Forgive your father. He is being a dad who does not know anything about the disease.
Bro going to prison will save his life. It is totally up to him how he will use that time. We can hope he gets the AA literature from the library and reads it. You may want to check with the facility he ends up in if you can bring him or have books sent to him. I had books sent to the ex ah. From Amazon online

Usuallly they go to jail, to court, then they go to a holding jail to be evaluated to where he will go to prison. Of course we ALL with there was lock up for addicts. Most prisons, way over, way way over the % of the population are addicts.

We will hope they can attend AA in there. If he will go. I hope he does go away for two years. Sounds cold, but it is ever so much better than where he was heading.

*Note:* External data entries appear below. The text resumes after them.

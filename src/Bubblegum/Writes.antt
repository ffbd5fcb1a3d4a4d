-- ===== src/Bubblegum/Writes.antt =====
-- The upserts of the `asset` table in program_transformers/src/bubblegum (db.rs and burn.rs): the
-- columns that each sets, and the WHERE clause that is appended to its statement. On a fresh row
-- each sets the same columns as on an old one.
pub mod Ops
pub mod Commute
pub mod Settled
use digital_asset_rpc_infras.Base.{
  ℕ, Bool, true, false, not, ◌&&◌, ◌||◌, Option, none, some, String, if◌then◌else◌, map_option,
}
use digital_asset_rpc_infras.Base.Int.{ℤ, pos, leb_ℤ, eqb_ℤ}
use digital_asset_rpc_infras.Base.Text.{trim}
use digital_asset_rpc_infras.Db.Versioned.{unlocked, newer, in_sequence}
use digital_asset_rpc_infras.Db.Table.{upsert, nat_key}
use digital_asset_rpc_infras.Db.Schema.{
  Pubkey, OwnerType, RoyaltyTargetType, SpecificationVersions, SpecificationAssetClass, Asset,
  default_asset, AssetTables,
}
use digital_asset_rpc_infras.Db.Trigger.{update_slot_updated}
use digital_asset_rpc_infras.Bubblegum.Event.{Externals}

-- A write of the `asset` table: what SET changes, and when WHERE lets it.
pub record Write : Type 0 where
  pub set : Asset → Asset
  pub allowed : Asset → Bool

abbrev pub apply_write : Write → Asset → Asset
apply_write w r = if w.allowed r then update_slot_updated (w.set r) else r

unfoldable pub upsert_asset : ℕ → Write → AssetTables → AssetTables
upsert_asset id w t = record t { asset = upsert id (w.set default_asset) (apply_write w) t.asset }

-- The arguments of `upsert_asset_with_leaf_info`.
pub record LeafInfo : Type 0 where
  pub nonce : ℤ
  pub tree_id : Pubkey
  pub leaf : ℕ
  pub data_hash : ℕ
  pub creator_hash : ℕ
  pub collection_hash : Option ℕ
  pub asset_data_hash : Option ℕ
  pub flags : Option ℕ
  pub seq : ℤ

module _ (x : Externals) where
  abbrev pub hash_text : ℕ → String
  hash_text h = trim (x.bs58_encode h)

  -- The columns of a V2 leaf are set only if the event has flags.
  unfoldable pub if_v2 : {A : Type 0} → Option ℕ → (ℕ → A) → A → A
  if_v2 none new old = old
  if_v2 (some flags) new old = new flags

  unfoldable pub frozen_by : Option ℕ → Bool
  frozen_by none = false
  frozen_by (some flags) = x.asset_lvl_frozen flags || x.permanent_lvl_frozen flags

  unfoldable pub leaf_write : LeafInfo → Write
  unfolding if_v2 frozen_by
  leaf_write i = record {
    set = λ r. record r {
      nonce = some i.nonce;
      tree_id = some i.tree_id;
      leaf = some i.leaf;
      data_hash = some (hash_text i.data_hash);
      creator_hash = some (hash_text i.creator_hash);
      leaf_seq = some i.seq;
      frozen = frozen_by i.flags;
      collection_hash =
          if_v2 i.flags (λ _. map_option hash_text i.collection_hash) r.collection_hash;
      asset_data_hash =
          if_v2 i.flags (λ _. map_option hash_text i.asset_data_hash) r.asset_data_hash;
      bubblegum_flags = if_v2 i.flags some r.bubblegum_flags;
      non_transferable = if_v2 i.flags (λ f. some (x.non_transferable f)) r.non_transferable;
    };
    allowed = λ r. unlocked r.seq && newer i.seq r.leaf_seq;
  }

unfoldable pub owner_write : Pubkey → Option Pubkey → ℤ → Write
owner_write owner delegate seq = record {
  set = λ r. record r { owner = some owner; delegate = delegate; owner_delegate_seq = some seq };
  allowed = λ r. unlocked r.seq && newer seq r.owner_delegate_seq;
}

unfoldable pub compression_write : Bool → Bool → ℕ → Option Pubkey → Write
compression_write compressed compressible supply supply_mint = record {
  set = λ r. record r {
    compressed = compressed;
    compressible = compressible;
    supply = supply;
    supply_mint = supply_mint;
  };
  allowed = λ r. unlocked r.seq;
}

unfoldable pub seq_write : ℤ → Write
seq_write seq = record {
  set = λ r. record r { seq = some seq };
  allowed = λ r. in_sequence seq r.seq;
}

-- The arguments of `upsert_asset_base_info`, whose callers agree on all others.
pub record BaseInfo : Type 0 where
  pub owner_type : OwnerType
  pub specification_version : SpecificationVersions
  pub specification_asset_class : SpecificationAssetClass
  pub royalty_target_type : RoyaltyTargetType
  pub royalty_target : Option Pubkey
  pub royalty_amount : ℕ
  pub slot_updated : ℤ
  pub seq : ℤ

unfoldable pub base_write : ℕ → BaseInfo → Write
base_write id i = record {
  set = λ r. record r {
    owner_type = i.owner_type;
    specification_version = some i.specification_version;
    specification_asset_class = some i.specification_asset_class;
    royalty_target_type = i.royalty_target_type;
    royalty_target = i.royalty_target;
    royalty_amount = i.royalty_amount;
    asset_data = some id;
    slot_updated_cnft_transaction = some i.slot_updated;
    base_info_seq = some i.seq;
  };
  allowed = λ r. unlocked r.seq && newer i.seq r.base_info_seq;
}

-- burn.rs, lines 44-64: no WHERE clause.
unfoldable pub burn_write : Write
burn_write = record { set = λ r. record r { burnt = true }; allowed = λ r. true }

I pray dad does not bail him out, or get him out of this.

Hon this was inevitable. I wish my young husband would have ended up in jail/prison instead of dead.

YOU my friend REST. He is ok. When you go see him, I hope you can accept it as is. He may be angery for awhile. He may come back to being the brother you know.

I am so proud of you, so proud. You listened and trusted Al Anon. NOT easy to do. Your brother needs you to love him, hate the disease/behavior. He is very sick, but now has a miracle. It is up to him to decided how to use it.

Again I know what you are going thru. The pain scars are still there. Please let others help you. If you can get to face to face meetings GO!!

HOpe you keep coming here. I know it seems like bad news, but it honestly is not!